January 5, 2007 10:11 AM PST
Cisco network tools vulnerable to attack
Cisco NAC Appliance, which verifies that external devices attempting to log on to a company network are compliant with security policy, contains two flaws that an attacker could use to gain control of the devices or compromise sensitive information, including passwords.
The NAC Appliance includes software that can automatically detect, isolate and clean infected or vulnerable devices that attempt to access a network. Clean Access consists of two applications that work in tandem--Clean Access Manager (CAM) and Clean Access Server (CAS).
For the CAM to authenticate to the CAS, each holds a "shared secret"--pieces of information which, when combined, allow authentication to occur. It appears, though, that this system is flawed in older versions of the software.
According to the Cisco advisory, the vulnerability--called "unchangeable shared secret"--means the shared secret cannot be properly set or changed during setup. This also means that the shared secret will be the same across all affected devices, which drastically reduces its cryptographic effectiveness.
To exploit this vulnerability, the adversary must first be able to establish a TCP (transmission control protocol) connection to the CAS.
Successful exploitation of the unchangeable shared secret vulnerability may enable a malicious user to take administrative control of a CAS, Cisco said. After that, every aspect of CAS can be changed, including its configuration and setup.
Versions affected by this vulnerability are CCA releases 3.6.x to 184.108.40.206 and releases 4.0.x to 220.127.116.11.
Releases that contain the fix for this vulnerability are 18.104.22.168, 4.0.4 and 4.1.0. All subsequent releases already contain a fix.
An alternative is to install patch Patch-CSCsg24153.tar.gz, which is available from Cisco's Web site.
The second vulnerability, called "readable snapshots," means that manual backups of the database--or "snapshots"--taken on the CAM are susceptible to brute-force download attacks. A malicious user can guess the file name and download it without authentication. The file itself is not encrypted or otherwise protected.
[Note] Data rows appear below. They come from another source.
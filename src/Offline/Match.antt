-- ===== src/Offline/Match.antt =====
-- What `matchOfflineSyncResults` makes of the server's answers.
use vault_drive.Base.{
  get_elem?-map, ℕ, true, String, Option, none, some, List, [], ◌∷◌, ◌++◌, filter, filter-append,
  get_elem?, get_or, ◌≡◌, ◌≢◌, ◌↔◌, refl, sym, ap, ◌∙◌, append-nil, append_assoc, truthy_text,
  truthy_text_iff, ◌==◌, text_eq, option_eq, option_same_iff, arith, Option-cases, inl, inr,
}
use vault_drive.Base.JsMap.{JsMap, get, get-set}
use vault_drive.Offline.Sync.{
  SyncableOfflineAction, OfflineSyncResult, remove, group_step, group_results, only_one, outcome_of,
  match_offline_sync_results,
}

-- The results that name an action.
abbrev pub answers : String → List OfflineSyncResult → List OfflineSyncResult
answers id = filter (λ r. r.action_id == some id)

group_round :
    (id : String) (groups : JsMap String (List OfflineSyncResult)) (r : OfflineSyncResult)
    → truthy_text id ≡ true
    → get_or (get id (group_step groups r)) [] ≡ get_or (get id groups) [] ++ answers id (r ∷ [])
unfolding group_step
group_round id groups r h = elim (Option-cases r.action_id) [
  | inl missing ↦
      ground (arith, append-nil (get_or (get id groups) []), option_same_iff r.action_id (some id))
  | inr (other, e) ↦ ground (
    arith,
    get-set other id (get_or (get other groups) [] ++ r ∷ []) groups,
    text_eq.same_iff other id,
    option_same_iff r.action_id (some id),
    append-nil (get_or (get id groups) []),
  )
]

group_results-answers :
    (id : String) (results : List OfflineSyncResult)
    (groups : JsMap String (List OfflineSyncResult))
    → truthy_text id ≡ true
    → get_or (get id (group_results groups results)) []
      ≡ get_or (get id groups) [] ++ answers id results
unfolding group_results
group_results-answers id [] groups h = sym (append-nil _)
group_results-answers id (r ∷ results) groups h =
    group_results-answers id results (group_step groups r) h
    ∙ ap (λ t. t ++ answers id results) (group_round id groups r h)
    ∙ append_assoc _ (answers id (r ∷ [])) (answers id results)
    ∙ ap (λ t. get_or (get id groups) [] ++ t)
        (sym (filter-append (λ q. q.action_id == some id) (r ∷ []) results))

outcome_of-remove :
    (a : SyncableOfflineAction) (o : Option OfflineSyncResult)
    → (outcome_of a o ≡ remove a.id a.action_id) ↔ (
        (r : OfflineSyncResult) × (o ≡ some r)
        × (r.file_id ≡ some a.action.file_id)
        × (r.success ≡ some true))
unfolding outcome_of
outcome_of-remove a none = (λ e. cc, λ w. absurd (ground (arith, w.1)))
outcome_of-remove a (some r) = (
  λ e. (r, refl, ground (arith, option_same_iff r.file_id (some a.action.file_id)), ground arith),
  λ (q, same, file, success).
      ground (arith, same, file, success, option_same_iff r.file_id (some a.action.file_id)),
)

only_one_iff :
    (l : List OfflineSyncResult) (r : OfflineSyncResult) → (only_one l ≡ some r) ↔ (l ≡ r ∷ [])
only_one_iff [] r = ground arith
only_one_iff (q ∷ []) r = ground arith
only_one_iff (q ∷ p ∷ l) r = ground arith

get-nil :
    (id : String) {results : List OfflineSyncResult}
    → get_or (get {V = List OfflineSyncResult} id []) [] ++ results ≡ results
unfolding get
get-nil id = refl

match-outcome_of :
    (actions : List SyncableOfflineAction) (results : List OfflineSyncResult) (i : ℕ)
    (a : SyncableOfflineAction)
    → get_elem? actions i ≡ some a
    → a.action_id ≢ ""
    → get_elem? (match_offline_sync_results actions results) i
      ≡ some (outcome_of a (only_one (answers a.action_id results)))
unfolding match_offline_sync_results
match-outcome_of actions results i a e named =
    get_elem?-map _ actions i a e
    ∙ ap (λ l. some (outcome_of a (only_one l)))
        (group_results-answers a.action_id results [] ((truthy_text_iff a.action_id).1 named)
          ∙ get-nil a.action_id)

-- An action whose identifier is not empty is dropped from the queue exactly when the server gave one
-- answer for it and no more, for the same file, that says success.
pub match_offline_sync_results-remove :
    (actions : List SyncableOfflineAction) (results : List OfflineSyncResult) (i : ℕ)
    (a : SyncableOfflineAction)
    → get_elem? actions i ≡ some a
    → a.action_id ≢ ""
    → (get_elem? (match_offline_sync_results actions results) i ≡ some (remove a.id a.action_id))
      ↔ ((r : OfflineSyncResult) × (answers a.action_id results ≡ r ∷ [])
          × (r.file_id ≡ some a.action.file_id)
          × (r.success ≡ some true))
match_offline_sync_results-remove actions results i a e named =
    rw (match-outcome_of actions results i a e named) (
      (λ dropped.
          let (r, only, file, success) = (outcome_of-remove a _).0 (ground (arith, dropped)) in
          (r, (only_one_iff _ r).0 only, file, success)),
      (λ (r, answer, file, success).
          ap some ((outcome_of-remove a _).1 (r, (only_one_iff _ r).1 answer, file, success))),
    )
The snapshot contains sensitive information that can aid in attacks on the CAS, or can be used to compromise the CAM. Among other things, the snapshot can contain passwords in unencrypted "cleartext."
Versions affected by the readable snapshots vulnerability are CCA releases 3.5.x to 3.5.9 and releases 3.6.x to 22.214.171.124.
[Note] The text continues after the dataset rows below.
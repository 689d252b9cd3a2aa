-- ===== src/Offline/Review.antt =====
-- components/layout/dashboard-layout.tsx: what the review panel does with a queued action: retry,
-- discard, and the comparison of a rename with the server's list of files.
use vault_drive.Base.{
  ℕ, Bool, true, false, not, ◌&&◌, ◌||◌, String, Option, none, some, List, find, ◌≡◌, ◌⊎◌, inl, inr,
  refl, if◌then◌else◌, truthy, truthy_number, get_or, ◌==◌, text_eq, option_eq, option_same_iff,
  number_eq, Outcome, ok, throw, Outcome-cases, Bool-cases, arith,
}
use vault_drive.Offline.Sync.{OfflineAction, ActionType, rename, delete, pending, failed, unknown}
use vault_drive.Offline.Queue.{
  OfflineQueue, Transaction, OfflineActionUpdate, update_queue_item, remove_queue_item,
}
use vault_drive.Offline.Dashboard.{SyncEnvironment, SyncLock, Dashboard, trigger_sync}
use vault_drive.Offline.Fate.{
  stored, Fate, untouched, Fate-trans, update_queue_item-Fate, remove_queue_item-Fate,
}

abbrev pub is_rename : ActionType → Bool
is_rename rename = true
is_rename delete = false

-- `item.owner_id === currentOwnerId`, where no owner is `null` and a missing one `undefined`.
abbrev pub is_owner : OfflineAction → Option String → Bool
is_owner item none = false
is_owner item (some owner) = item.owner_id == some owner

-- `retryOfflineAction`: the item is pending again, and a sync is tried.
unfoldable pub retry_offline_action :
    SyncEnvironment
    → SyncLock
    → Outcome (Unit {0})
    → Transaction
    → Option String
    → Option String
    → OfflineAction
    → Dashboard
    → Outcome (Unit {0}) × Dashboard
unfolding trigger_sync update_queue_item
retry_offline_action env lock reading tx token owner item d =
    if not (truthy_number item.id) || not (is_owner item owner) || not (truthy item.action_id)
    then (ok tt, d)
    else let patch : OfflineActionUpdate = record {
      status = some (some pending);
      last_error = some none;
      last_attempt_at = some item.last_attempt_at;
    } in
      let updated = update_queue_item tx (get_or item.id 0) patch d.queue in
      let d' : Dashboard = record d { queue = updated.1 } in
      elim updated.0 [
        | throw e ↦ (throw e, d')
        | ok u ↦ (ok tt, trigger_sync env lock reading token owner d')
      ]

unfoldable pub discard_offline_action :
    Transaction → OfflineAction → OfflineQueue → Outcome (Unit {0}) × OfflineQueue
unfolding remove_queue_item
discard_offline_action tx item q =
    if truthy_number item.id then remove_queue_item tx (get_or item.id 0) q else (ok tt, q)

pub record ServerFile : Type 0 where
  pub id : Option String
  pub filename : Option String
  pub parent_hash : Option String

-- `serverFile && serverFile.filename === … && (!item.new_hash || …)`
unfoldable pub matches_rename : OfflineAction → Option ServerFile → Bool
matches_rename item none = false
matches_rename item (some file) =
    file.filename == item.new_filename
    && (not (truthy item.new_hash) || file.parent_hash == item.new_hash)

abbrev pub server_file : OfflineAction → List ServerFile → Option ServerFile
server_file item = find (λ file. file.id == some item.file_id)

abbrev pub mismatch_patch : OfflineAction → OfflineActionUpdate
mismatch_patch item = record {
  status = some (some failed);
  last_error =
      some (some "The server file does not match the queued rename. Review it before retrying.");
  last_attempt_at = some item.last_attempt_at;
}

abbrev pub inspect_patch : OfflineAction → String → OfflineActionUpdate
inspect_patch item error = record {
  status = some (some unknown);
  last_error = some (some error);
  last_attempt_at = some item.last_attempt_at;
}

-- The `try` block: the list of files may not be had.
unfoldable pub compare_rename :
    Transaction
    → Outcome (List ServerFile)
    → OfflineAction
    → OfflineQueue
    → Outcome (Unit {0}) × OfflineQueue
unfolding matches_rename remove_queue_item update_queue_item
compare_rename tx (throw e) item q = (throw e, q)
compare_rename tx (ok files) item q =
    if matches_rename item (server_file item files)
    then remove_queue_item tx (get_or item.id 0) q
    else update_queue_item tx (get_or item.id 0) (mismatch_patch item) q

-- `reconcileOfflineRename`; the transaction of the `catch` block is the second.
unfoldable pub reconcile_offline_rename :
    Transaction
    → Transaction
    → Outcome (List ServerFile)
    → Option String
    → OfflineAction
    → OfflineQueue
    → Outcome (Unit {0}) × OfflineQueue
unfolding compare_rename update_queue_item
reconcile_offline_rename tx tx' files owner item q =
    if not (truthy_number item.id) || not (is_rename item.type) || not (is_owner item owner)
    then (ok tt, q)
    else let compared = compare_rename tx files item q in
      elim compared.0 [
        | ok u ↦ compared
        | throw e ↦ update_queue_item tx' (get_or item.id 0) (inspect_patch item e) compared.1
      ]

-- The server has the file under the new name, with the new hash if there is one.
pub record RenameSeen (files : Outcome (List ServerFile)) (item : OfflineAction) : Type 0 where
  pub list : List ServerFile
  pub file : ServerFile
  pub listed : files ≡ ok list
  pub found : server_file item list ≡ some file
  pub named : file.filename ≡ item.new_filename
  pub hashed : (truthy item.new_hash ≡ false) ⊎ (file.parent_hash ≡ item.new_hash)

matches_rename_lem :
    (item : OfflineAction) (o : Option ServerFile)
    → matches_rename item o ≡ true
    → (file : ServerFile) × (o ≡ some file)
      × (file.filename ≡ item.new_filename)
      × ((truthy item.new_hash ≡ false) ⊎ (file.parent_hash ≡ item.new_hash))
unfolding matches_rename
matches_rename_lem item none h = cc h
matches_rename_lem item (some file) h = (
  file,
  refl,
  ground (arith, h, option_same_iff file.filename item.new_filename),
  ground (arith, h, option_same_iff file.parent_hash item.new_hash),
)

compare_rename-Fate :
    (tx : Transaction) (files : Outcome (List ServerFile)) (item : OfflineAction) (q : OfflineQueue)
    (k : ℕ)
    → Fate
        (get_or item.id 0 ≡ k)
        ((get_or item.id 0 ≡ k) × RenameSeen files item)
        (stored k q)
        (stored k (compare_rename tx files item q).1)
unfolding compare_rename
compare_rename-Fate tx (throw e) item q k = untouched refl
compare_rename-Fate tx (ok files) item q k =
    elim (Bool-cases (matches_rename item (server_file item files))) [
      | inr other ↦
          rw (compare_rename, other)
            (update_queue_item-Fate _ _ tx k (get_or item.id 0) (mismatch_patch item) q (λ e. e))
      | inl same ↦
          let (file, found, named, hashed) = matches_rename_lem item _ same in
          rw (compare_rename, same)
            (remove_queue_item-Fate _ _ tx k (get_or item.id 0) q λ e. (
              e,
              record {
                list = files;
                file = file;
                listed = refl;
                found = found;
                named = named;
                hashed = hashed;
              },
            ))
    ]

-- Reconciling leaves every stored action as it is but the one under review: of that one it changes at
-- most the status, the error and the time of the attempt, and it removes it only if the server's list
-- shows the file under its new name, and with the new hash if there is one.
pub reconcile_offline_rename-Fate :
    (tx tx' : Transaction) (files : Outcome (List ServerFile)) (owner : Option String)
    (item : OfflineAction) (q : OfflineQueue) (k : ℕ)
    → Fate
        (get_or item.id 0 ≡ k)
        ((get_or item.id 0 ≡ k) × RenameSeen files item)
        (stored k q)
        (stored k (reconcile_offline_rename tx tx' files owner item q).1)
unfolding reconcile_offline_rename
reconcile_offline_rename-Fate tx tx' files owner item q k =
    let compared = compare_rename-Fate tx files item q k in
    elim (Bool-cases
      (not (truthy_number item.id) || not (is_rename item.type) || not (is_owner item owner))) [
        | inl refuses ↦ rw (reconcile_offline_rename, refuses) (untouched refl)
        | inr goes ↦ elim (Outcome-cases (compare_rename tx files item q).0) [
          | inr (u, done) ↦ rw (reconcile_offline_rename, goes, done) compared
          | inl (e, fails) ↦
              rw (reconcile_offline_rename, goes, fails)
                (Fate-trans _ _ _ _ _ compared (
                  update_queue_item-Fate _ _ tx' k (get_or item.id 0) (inspect_patch item e) _
                    (λ h. h)))
        ]
      ]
Releases that contain the fix for this vulnerability are 3.5.10 and 3.6.2. All subsequent releases will contain the fix, Cisco said.
No patch is available for the readable snapshots vulnerability, but a workaround is possible by removing snapshot files from the device shortly after they are created. If the snapshot file needs to be preserved, then it can be moved to a different computer or archived on a secondary storage, Cisco said. Alternatively, the snapshot file can be deleted from the device.
There are currently no known exploits for either vulnerability. The Cisco Product Security Incident Response Team said it is not aware of any public announcements or malicious use of the vulnerabilities.
The readable snapshot issue was reported to Cisco by Chris Hartley, a security specialist in Ohio State University's computer science program. The unchangeable shared secret was discovered while working on a Cisco customer's case and is unrelated to Hartley's report, the networking company said.
Tom Espiner of ZDNet UK reported from London.